Oatcakes are generally rolled into 6-inch to 8-inch circles and then cut into fourths. The Scottish name for the round oatcake is bannock, while the sections into which the bannock is divided are farls. (Farl comes from the term fardel, which means “a fourth part,” though now the term farl refers only to quarters of oatcakes or shortbread.) They would originally have been made on a hot griddle over an open fire, but they translate well to an indoor griddle or heavy frying pan, and can also be baked in the oven (my preferred method, because they don’t have to be tended). They are remarkably easy to make and very wholesome. Enjoy.
1½ cups oatmeal
⅛ tsp. salt
1 Tbs. butter, drippings, or lard
¼ tsp. baking soda
½ cup hot water
Preheat the oven to 325°F. Put the oatmeal, salt, and baking soda in a bowl and mix together. Melt the butter (or drippings or lard) and drizzle it over the oats. Add the hot water, and stir the mixture vigorously into a stiff dough.
Turn out the dough onto a flat surface—or better yet, onto a sheet of wax paper on a flat surface. If the dough sticks, sprinkle the surface lightly with a tablespoon or two of the extra oatmeal. Knead the dough thoroughly. You want the oats basically to lose their individuality—the dough should begin to look a little bit like rough cookie dough. Separate the dough into two equal portions. Roll each portion into a ball, then use a rolling pin to roll each ball into a round that is about ⅛ inch thick. With this recipe, the two rounds will each be about 6 inches across.
Transfer the rounds to a greased cookie sheet. Cut each round into quarters. Bake for 30-35 minutes. If you want them to be evenly golden, you can turn them over half way through the baking time. Enjoy warm, or put in an airtight storage container.
You can also cook your oatcakes on a griddle set over medium heat. The oatcakes should take about 3 minutes to cook. They are done when the edges start to curl. Then put them under the broiler until they are slightly brown.

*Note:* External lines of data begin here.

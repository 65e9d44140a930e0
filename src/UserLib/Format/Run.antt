-- ===== src/UserLib/Format/Run.antt =====
-- `vprintfmt` of scheduler/lib/printfmt.c.
use features_operating_syste.Prelude.{
  ℕ, zero, suc, ◌-◌, ◌^◌, Bool, true, false, not, ◌&&◌, ◌||◌, Option, none, some, List, [], ◌∷◌,
  ltb, leb, ◌==◌, if◌then◌else◌, length, ℤ, pos, negsuc, ltb_ℤ,
}
use features_operating_syste.UserLib.Format.Errors.{error_string, formato_error_d, formato_s}
use features_operating_syste.UserLib.Strings.{strnlen}
use features_operating_syste.UserLib.Format.Numbers.{
  Argumento, palabra, larga, cadena, extendido, parte_positiva, restar, repetir, printnum,
}
use features_operating_syste.UserLib.Format.Orders.{
  Opciones, sin_opciones, Orden, va_palabra, leer_orden,
}

-- `getuint`
abbrev pub getuint : ℕ → List Argumento → Option (ℕ × List Argumento)
getuint lflag [] = none
getuint lflag (palabra v ∷ args) = if leb 2 lflag then none else some (v, args)
getuint lflag (larga v ∷ args) = if leb 2 lflag then some (v, args) else none
getuint lflag (cadena s ∷ args) = none

-- `getint`, as the sign and the absolute value.
abbrev pub getint : ℕ → List Argumento → Option (Bool × ℕ × List Argumento)
getint lflag [] = none
getint lflag (palabra v ∷ args) =
    if leb 2 lflag
    then none
    else if ltb v (2 ^ 31)
    then some (false, v, args)
    else some (true, 2 ^ 32 - v, args)
getint lflag (larga v ∷ args) =
    if leb 2 lflag
    then if ltb v (2 ^ 63) then some (false, v, args) else some (true, 2 ^ 64 - v, args)
    else none
getint lflag (cadena s ∷ args) = none

abbrev pub va_cadena : List Argumento → Option (Option (List ℕ) × List Argumento)
va_cadena [] = none
va_cadena (palabra v ∷ args) = none
va_cadena (larga v ∷ args) = none
va_cadena (cadena s ∷ args) = some (s, args)

-- `if (err < 0) err = -err;`
abbrev pub valor_absoluto : ℕ → ℕ
valor_absoluto v = if ltb v (2 ^ 31) then v else 2 ^ 32 - v

-- "(null)"
abbrev pub texto_nulo : List ℕ
texto_nulo = b'(' ∷ b'n' ∷ b'u' ∷ b'l' ∷ b'l' ∷ b')' ∷ []

-- The precision as the bound of `strnlen`.
abbrev pub como_size : ℤ → ℕ
como_size (pos n) = n
como_size (negsuc n) = 2 ^ 32 - 1 - n

-- What the loop over a string prints for a `char`.
abbrev pub visible : Bool → ℕ → ℕ
visible altflag x = if altflag && (leb 128 x || ltb x b' ' || ltb b'~' x) then b'?' else extendido x

module _ {S : Type 0} (putch : ℕ → S → S) where
  -- The loop over a string with `precision` characters left, or any number of them; what the width is then.
  unfoldable pub imprimir_cadena : Bool → ℤ → ℤ → List ℕ → S → ℤ × S
  imprimir_cadena altflag precision width [] s = (width, s)
  imprimir_cadena altflag precision width (x ∷ p) s =
      let otra =
        imprimir_cadena altflag (if ltb_ℤ precision (pos 0) then precision else restar precision 1)
          (restar width 1) p (putch (visible altflag x) s) in
      if ltb_ℤ precision (pos 0) || ltb_ℤ (pos 0) precision then otra else (width, s)

  -- The case of %s.
  unfoldable pub imprimir_s : Opciones → List ℕ → S → S
  unfolding imprimir_cadena
  imprimir_s o p s =
      let izquierda = ltb_ℤ (pos 0) o.width && not (o.padc == b'-') in
      let w = restar o.width (strnlen p (como_size o.precision)) in
      let s1 = if izquierda then repetir putch (parte_positiva w) o.padc s else s in
      let w1 = if izquierda then (if ltb_ℤ (pos 0) w then pos 0 else w) else o.width in
      let (w2, s2) = imprimir_cadena o.altflag o.precision w1 p s1 in
      repetir putch (parte_positiva w2) b' ' s2

  -- The label `number`.
  unfoldable pub imprimir_numero :
      Opciones → ℕ → Option (ℕ × List Argumento) → S → Option (S × List Argumento)
  imprimir_numero o base none s = none
  imprimir_numero o base (some (num, args)) s =
      some (printnum putch 64 num base o.width o.padc s, args)

  unfoldable pub imprimir_d :
      Opciones → Option (Bool × ℕ × List Argumento) → S → Option (S × List Argumento)
  unfolding imprimir_numero
  imprimir_d o none s = none
  imprimir_d o (some (negativo, num, args)) s =
      imprimir_numero o 10 (some (num, args)) (if negativo then putch b'-' s else s)

  -- The arguments and the text that are left, behind what was printed.
  abbrev pub Sigue : Type 0
  Sigue = Option (S × List ℕ × List Argumento)

  abbrev pub con_resto : List ℕ → Option (S × List Argumento) → Sigue
  con_resto resto none = none
  con_resto resto (some (s, args)) = some (s, resto, args)

  abbrev pub caso_c : S → List ℕ → Option (ℕ × List Argumento) → Sigue
  caso_c s resto none = none
  caso_c s resto (some (v, args)) = some (putch v s, resto, args)

  abbrev pub con_args : List Argumento → Option S → Option (S × List Argumento)
  con_args args none = none
  con_args args (some s) = some (s, args)

  abbrev pub caso_e : (ℕ → S → Option S) → S → List ℕ → Option (ℕ × List Argumento) → Sigue
  caso_e err s resto none = none
  caso_e err s resto (some (v, args)) = con_resto resto (con_args args (err (valor_absoluto v) s))

  abbrev pub caso_s : Opciones → S → List ℕ → Option (Option (List ℕ) × List Argumento) → Sigue
  caso_s o s resto none = none
  caso_s o s resto (some (none, args)) = some (imprimir_s o texto_nulo s, resto, args)
  caso_s o s resto (some (some p, args)) = some (imprimir_s o p s, resto, args)

  -- The cases of the switch, on what was read. `desde` is the text behind the %, and `err` prints the
  -- argument of %e. Behind a case that is none the text from `desde` on is printed as it is.
  unfoldable pub ejecutar : (ℕ → S → Option S) → List ℕ → Orden → S → Sigue
  unfolding imprimir_numero imprimir_d imprimir_s
  ejecutar err desde k s =
      let o = k.opciones in
      let c = k.letra in
      if c == b'c'
      then caso_c s k.resto (va_palabra k.args)
      else if c == b'e'
      then caso_e err s k.resto (va_palabra k.args)
      else if c == b's'
      then caso_s o s k.resto (va_cadena k.args)
      else if c == b'd'
      then con_resto k.resto (imprimir_d o (getint o.lflag k.args) s)
      else if c == b'u'
      then con_resto k.resto (imprimir_numero o 10 (getuint o.lflag k.args) s)
      else if c == b'o'
      then con_resto k.resto (imprimir_numero o 8 (getuint o.lflag k.args) s)
      else if c == b'p'
      then con_resto k.resto (imprimir_numero o 16 (va_palabra k.args) (putch b'x' (putch b'0' s)))
      else if c == b'x'
      then con_resto k.resto (imprimir_numero o 16 (getuint o.lflag k.args) s)
      else if c == b'%'
      then some (putch b'%' s, k.resto, k.args)
      else some (putch b'%' s, desde, k.args)

  -- One round of the loop, on the character `c` and the text behind it.
  unfoldable pub paso : (ℕ → S → Option S) → ℕ → List ℕ → List Argumento → S → Sigue
  paso err c fmt args s =
      if c == b'%'
      then elim (leer_orden (suc (length fmt)) sin_opciones fmt args) [
        | none ↦ none
        | some k ↦ ejecutar err fmt k s
      ]
      else some (putch c s, fmt, args)

  -- `n` is fuel for one character of the format each.
  unfoldable pub vprintfmt_con : (ℕ → S → Option S) → ℕ → List ℕ → List Argumento → S → Option S
  unfolding paso
  vprintfmt_con err zero fmt args s = none
  vprintfmt_con err (suc n) [] args s = some s
  vprintfmt_con err (suc n) (c ∷ fmt) args s = elim (paso err c fmt args s) [
    | none ↦ none
    | some (s', fmt', args') ↦ vprintfmt_con err n fmt' args' s'
  ]

  -- `printfmt` for %e; these formats have no %e.
  unfoldable pub imprimir_error : ℕ → S → Option S
  unfolding vprintfmt_con
  imprimir_error num s = elim (error_string num) [
    | none ↦
        vprintfmt_con (λ e s'. none) (suc (length formato_error_d)) formato_error_d
          (palabra num ∷ []) s
    | some p ↦
        vprintfmt_con (λ e s'. none) (suc (length formato_s)) formato_s (cadena (some p) ∷ []) s
  ]

  unfoldable pub vprintfmt : List ℕ → List Argumento → S → Option S
  vprintfmt fmt args s = vprintfmt_con imprimir_error (suc (length fmt)) fmt args s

Drippings or other meat fat would traditionally be the most common fat for producing oatcakes, but while these were for a long time the most readily available fats for home cooks, a stick of butter is now an easier choice, and it makes the flavor more consistent. However, if you make a roast, or perhaps a pound of bacon, you might want to take a crack at making these the old-fashioned way.
If you want to make these a little fancier, you can roll the dough out and then use a wine glass to cut out bannocks that are perfectly round. Don’t quarter these smaller oatcakes.